Provided data:
============
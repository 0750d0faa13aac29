-- ===== src/Detection/Engine.antt =====
-- `DetectionEngine` of sigmacatch/src/detection/mod.rs: the queue of events, the evaluation of a
-- batch, the alerts and the counters. The engine of rsigma-eval is an argument.
pub mod Alerts
pub mod Queue
pub mod Examples
use sigmacatch.Json.{Json}
use sigmacatch.Detection.Cache.{Bytes, Compiler, save_blob}
use sigmacatch.Event.Payload.{Event}
use sigmacatch.Prelude.{
  Bool, List, Option, String, [], false, find_entry, if◌then◌else◌, length, map, none, some, str_eq,
  true, ℕ, ◌++◌, ◌+◌, ◌∷◌,
}

-- `Alert` of types.rs; a rule is its uuid, as a number.
pub record Alert : Type 0 where
  pub rule_id : ℕ
  pub rule_title : String
  pub description : Option String
  pub rule_path : Option String
  pub severity : String
  pub event_json_raw : Json
  pub event_json : Json
  pub event_raw : List ℕ
  pub event_json_raw_all : Option (List Json)

-- The header of a result of rsigma-eval; the level is as `{:?}` shows it.
pub record MatchHeader : Type 0 where
  pub id : Option String
  pub title : String
  pub level : Option String

pub record EngineStats : Type 0 where
  pub events_processed : ℕ
  pub alerts_generated : ℕ

pub record DetectionEngine (Engine : Type 0) : Type 0 where
  pub engine : Engine
  pub events : List Event
  pub alerts : List Alert
  pub stats : EngineStats
  pub rule_paths : List (ℕ × String)
  pub rule_id_map : List (String × ℕ)
  pub hir_cache : Bool

abbrev pub insert_id : String → ℕ → List (String × ℕ) → List (String × ℕ)
insert_id s u [] = (s, u) ∷ []
insert_id s u ((t, v) ∷ m) =
    let rest = insert_id s u m in if str_eq t s then (t, u) ∷ m else (t, v) ∷ rest

abbrev pub find_id : String → List (String × ℕ) → Option ℕ
find_id s [] = none
find_id s ((t, v) ∷ m) = if str_eq t s then some v else find_id s m

-- `build_rule_id_map`, over `Uuid::to_string`
unfoldable pub build_rule_id_map :
    (uuid_text : ℕ → String) → List (ℕ × String) → List (String × ℕ) → List (String × ℕ)
build_rule_id_map uuid_text [] ids = ids
build_rule_id_map uuid_text ((u, path) ∷ paths) ids =
    build_rule_id_map uuid_text paths (insert_id (uuid_text u) u ids)

abbrev pub with_default {ℓ} : {A : Type ℓ} → A → Option A → A
with_default d none = d
with_default d (some a) = a

abbrev pub id_of : List (String × ℕ) → Option String → Option ℕ
id_of ids none = none
id_of ids (some s) = find_id s ids

abbrev pub is_empty {ℓ} : {A : Type ℓ} → List A → Bool
is_empty [] = true
is_empty (a ∷ as') = false

module _ {Engine : Type 0} where
  -- The nil uuid is 0.
  unfoldable pub alert_of : DetectionEngine Engine → Event → MatchHeader → Alert
  alert_of s event header =
      let rule_id = with_default 0 (id_of s.rule_id_map header.id) in
      record {
        rule_id = rule_id;
        rule_title = header.title;
        description = none;
        rule_path = find_entry rule_id s.rule_paths;
        severity = with_default "unknown" header.level;
        event_json_raw = event.event_json_raw;
        event_json = event.event_json;
        event_raw = event.event_raw;
        event_json_raw_all = event.event_json_raw_all;
      }

  -- The loops over the events and their matches: `events.iter().zip(all_matches.iter())`.
  unfoldable pub zip_alerts :
      DetectionEngine Engine → List Event → List (List MatchHeader) → List Alert
  zip_alerts s [] ms = []
  zip_alerts s (e ∷ es) [] = []
  zip_alerts s (e ∷ es) (m ∷ ms) = map (alert_of s e) m ++ zip_alerts s es ms

  unfoldable pub put_events : List Event → DetectionEngine Engine → DetectionEngine Engine
  put_events es s = record s { events = s.events ++ es }

  unfoldable pub put_event : Event → DetectionEngine Engine → DetectionEngine Engine
  put_event e s = record s { events = s.events ++ e ∷ [] }

  unfoldable pub get_events : DetectionEngine Engine → DetectionEngine Engine × List Event
  get_events s = (record s { events = [] }, s.events)

  unfoldable pub process_events :
      (evaluate_batch : Engine → List Json → List (List MatchHeader))
      → DetectionEngine Engine
      → DetectionEngine Engine
  unfolding zip_alerts
  process_events evaluate_batch s = if is_empty s.events then s else record s {
    events = [];
    stats = record (s.stats) { events_processed = s.stats.events_processed + length s.events };
    alerts =
        s.alerts
        ++ zip_alerts s s.events (evaluate_batch s.engine (map (λ e. e.event_json) s.events));
  }

  unfoldable pub get_alerts : DetectionEngine Engine → DetectionEngine Engine × List Alert
  get_alerts s = (
    record s {
      alerts = [];
      stats = record (s.stats) { alerts_generated = s.stats.alerts_generated + length s.alerts };
    },
    s.alerts,
  )

-- What a change of the rules takes from rsigma-eval, beside `Compiler`: rules that fail are skipped,
-- and their indices are returned.
pub record Loader (Engine Rule : Type 0) : Type 0 where
  pub compiler : Compiler Engine Rule
  pub add_rules_lenient : Engine → List Rule → Engine × List ℕ

module _ {Engine Rule : Type 0} (loader : Loader Engine Rule) (uuid_text : ℕ → String) where
  open loader use {compiler, add_rules_lenient}

  abbrev pub new_engine : Bool → Engine
  new_engine retain =
      if retain then compiler.set_retain_hir compiler.create_engine else compiler.create_engine

  -- `reload_rules`: the engine and the cache file.
  unfoldable pub reload_rules :
      (file : Option Bytes)
      → (written : Bool) → (key : Bytes) → List Rule
      → List (ℕ × String)
      → DetectionEngine Engine
      → DetectionEngine Engine × Option Bytes
  unfolding build_rule_id_map
  reload_rules file written key rules paths s =
      let (engine, errors) = add_rules_lenient (new_engine s.hir_cache) rules in
      (
        record s {
          engine = engine;
          rule_paths = paths;
          rule_id_map = build_rule_id_map uuid_text paths [];
        },
        if s.hir_cache
            then save_blob compiler file written key (compiler.save_hir engine)
            else file,
      )

  -- `new_lenient`: the engine, and the indices of the rules that failed.
  unfoldable pub new_lenient : List Rule → List (ℕ × String) → DetectionEngine Engine × List ℕ
  unfolding build_rule_id_map
  new_lenient rules paths =
      let (engine, failed) = add_rules_lenient compiler.create_engine rules in
      (
        record {
          engine = engine;
          events = [];
          alerts = [];
          stats = record { events_processed = 0; alerts_generated = 0 };
          rule_paths = paths;
          rule_id_map = build_rule_id_map uuid_text paths [];
          hir_cache = false;
        },
        failed,
      )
============
A complete and exact repetition of the entries is required.

repository 0750d0faa13aac29
-- ===== src/Detection/Engine.antt =====
-- `DetectionEngine` of sigmacatch/src/detection/mod.rs: the queue of events, the evaluation of a
-- batch, the alerts and the counters. The engine of rsigma-eval is an argument.
pub mod Alerts
pub mod Queue
pub mod Examples
use sigmacatch.Json.{Json}
use sigmacatch.Detection.Cache.{Bytes, Compiler, save_blob}
use sigmacatch.Event.Payload.{Event}
use sigmacatch.Prelude.{
  Bool, List, Option, String, [], false, find_entry, if◌then◌else◌, length, map, none, some, str_eq,
  true, ℕ, ◌++◌, ◌+◌, ◌∷◌,
}

-- `Alert` of types.rs; a rule is its uuid, as a number.
pub record Alert : Type 0 where
  pub rule_id : ℕ
  pub rule_title : String
  pub description : Option String
  pub rule_path : Option String
  pub severity : String
  pub event_json_raw : Json
  pub event_json : Json
  pub event_raw : List ℕ
  pub event_json_raw_all : Option (List Json)

-- The header of a result of rsigma-eval; the level is as `{:?}` shows it.
pub record MatchHeader : Type 0 where
  pub id : Option String
  pub title : String
  pub level : Option String

pub record EngineStats : Type 0 where
  pub events_processed : ℕ
  pub alerts_generated : ℕ

pub record DetectionEngine (Engine : Type 0) : Type 0 where
  pub engine : Engine
  pub events : List Event
  pub alerts : List Alert
  pub stats : EngineStats
  pub rule_paths : List (ℕ × String)
  pub rule_id_map : List (String × ℕ)
  pub hir_cache : Bool

abbrev pub insert_id : String → ℕ → List (String × ℕ) → List (String × ℕ)
insert_id s u [] = (s, u) ∷ []
insert_id s u ((t, v) ∷ m) =
    let rest = insert_id s u m in if str_eq t s then (t, u) ∷ m else (t, v) ∷ rest

abbrev pub find_id : String → List (String × ℕ) → Option ℕ
find_id s [] = none
find_id s ((t, v) ∷ m) = if str_eq t s then some v else find_id s m

-- `build_rule_id_map`, over `Uuid::to_string`
unfoldable pub build_rule_id_map :
    (uuid_text : ℕ → String) → List (ℕ × String) → List (String × ℕ) → List (String × ℕ)
build_rule_id_map uuid_text [] ids = ids
build_rule_id_map uuid_text ((u, path) ∷ paths) ids =
    build_rule_id_map uuid_text paths (insert_id (uuid_text u) u ids)

abbrev pub with_default {ℓ} : {A : Type ℓ} → A → Option A → A
with_default d none = d
with_default d (some a) = a

abbrev pub id_of : List (String × ℕ) → Option String → Option ℕ
id_of ids none = none
id_of ids (some s) = find_id s ids

abbrev pub is_empty {ℓ} : {A : Type ℓ} → List A → Bool
is_empty [] = true
is_empty (a ∷ as') = false

module _ {Engine : Type 0} where
  -- The nil uuid is 0.
  unfoldable pub alert_of : DetectionEngine Engine → Event → MatchHeader → Alert
  alert_of s event header =
      let rule_id = with_default 0 (id_of s.rule_id_map header.id) in
      record {
        rule_id = rule_id;
        rule_title = header.title;
        description = none;
        rule_path = find_entry rule_id s.rule_paths;
        severity = with_default "unknown" header.level;
        event_json_raw = event.event_json_raw;
        event_json = event.event_json;
        event_raw = event.event_raw;
        event_json_raw_all = event.event_json_raw_all;
      }

  -- The loops over the events and their matches: `events.iter().zip(all_matches.iter())`.
  unfoldable pub zip_alerts :
      DetectionEngine Engine → List Event → List (List MatchHeader) → List Alert
  zip_alerts s [] ms = []
  zip_alerts s (e ∷ es) [] = []
  zip_alerts s (e ∷ es) (m ∷ ms) = map (alert_of s e) m ++ zip_alerts s es ms

  unfoldable pub put_events : List Event → DetectionEngine Engine → DetectionEngine Engine
  put_events es s = record s { events = s.events ++ es }

  unfoldable pub put_event : Event → DetectionEngine Engine → DetectionEngine Engine
  put_event e s = record s { events = s.events ++ e ∷ [] }

  unfoldable pub get_events : DetectionEngine Engine → DetectionEngine Engine × List Event
  get_events s = (record s { events = [] }, s.events)

  unfoldable pub process_events :
      (evaluate_batch : Engine → List Json → List (List MatchHeader))
      → DetectionEngine Engine
      → DetectionEngine Engine
  unfolding zip_alerts
  process_events evaluate_batch s = if is_empty s.events then s else record s {
    events = [];
    stats = record (s.stats) { events_processed = s.stats.events_processed + length s.events };
    alerts =
        s.alerts
        ++ zip_alerts s s.events (evaluate_batch s.engine (map (λ e. e.event_json) s.events));
  }

  unfoldable pub get_alerts : DetectionEngine Engine → DetectionEngine Engine × List Alert
  get_alerts s = (
    record s {
      alerts = [];
      stats = record (s.stats) { alerts_generated = s.stats.alerts_generated + length s.alerts };
    },
    s.alerts,
  )

-- What a change of the rules takes from rsigma-eval, beside `Compiler`: rules that fail are skipped,
-- and their indices are returned.
pub record Loader (Engine Rule : Type 0) : Type 0 where
  pub compiler : Compiler Engine Rule
  pub add_rules_lenient : Engine → List Rule → Engine × List ℕ

module _ {Engine Rule : Type 0} (loader : Loader Engine Rule) (uuid_text : ℕ → String) where
  open loader use {compiler, add_rules_lenient}

  abbrev pub new_engine : Bool → Engine
  new_engine retain =
      if retain then compiler.set_retain_hir compiler.create_engine else compiler.create_engine

  -- `reload_rules`: the engine and the cache file.
  unfoldable pub reload_rules :
      (file : Option Bytes)
      → (written : Bool) → (key : Bytes) → List Rule
      → List (ℕ × String)
      → DetectionEngine Engine
      → DetectionEngine Engine × Option Bytes
  unfolding build_rule_id_map
  reload_rules file written key rules paths s =
      let (engine, errors) = add_rules_lenient (new_engine s.hir_cache) rules in
      (
        record s {
          engine = engine;
          rule_paths = paths;
          rule_id_map = build_rule_id_map uuid_text paths [];
        },
        if s.hir_cache
            then save_blob compiler file written key (compiler.save_hir engine)
            else file,
      )

  -- `new_lenient`: the engine, and the indices of the rules that failed.
  unfoldable pub new_lenient : List Rule → List (ℕ × String) → DetectionEngine Engine × List ℕ
  unfolding build_rule_id_map
  new_lenient rules paths =
      let (engine, failed) = add_rules_lenient compiler.create_engine rules in
      (
        record {
          engine = engine;
          events = [];
          alerts = [];
          stats = record { events_processed = 0; alerts_generated = 0 };
          rule_paths = paths;
          rule_id_map = build_rule_id_map uuid_text paths [];
          hir_cache = false;
        },
        failed,
      )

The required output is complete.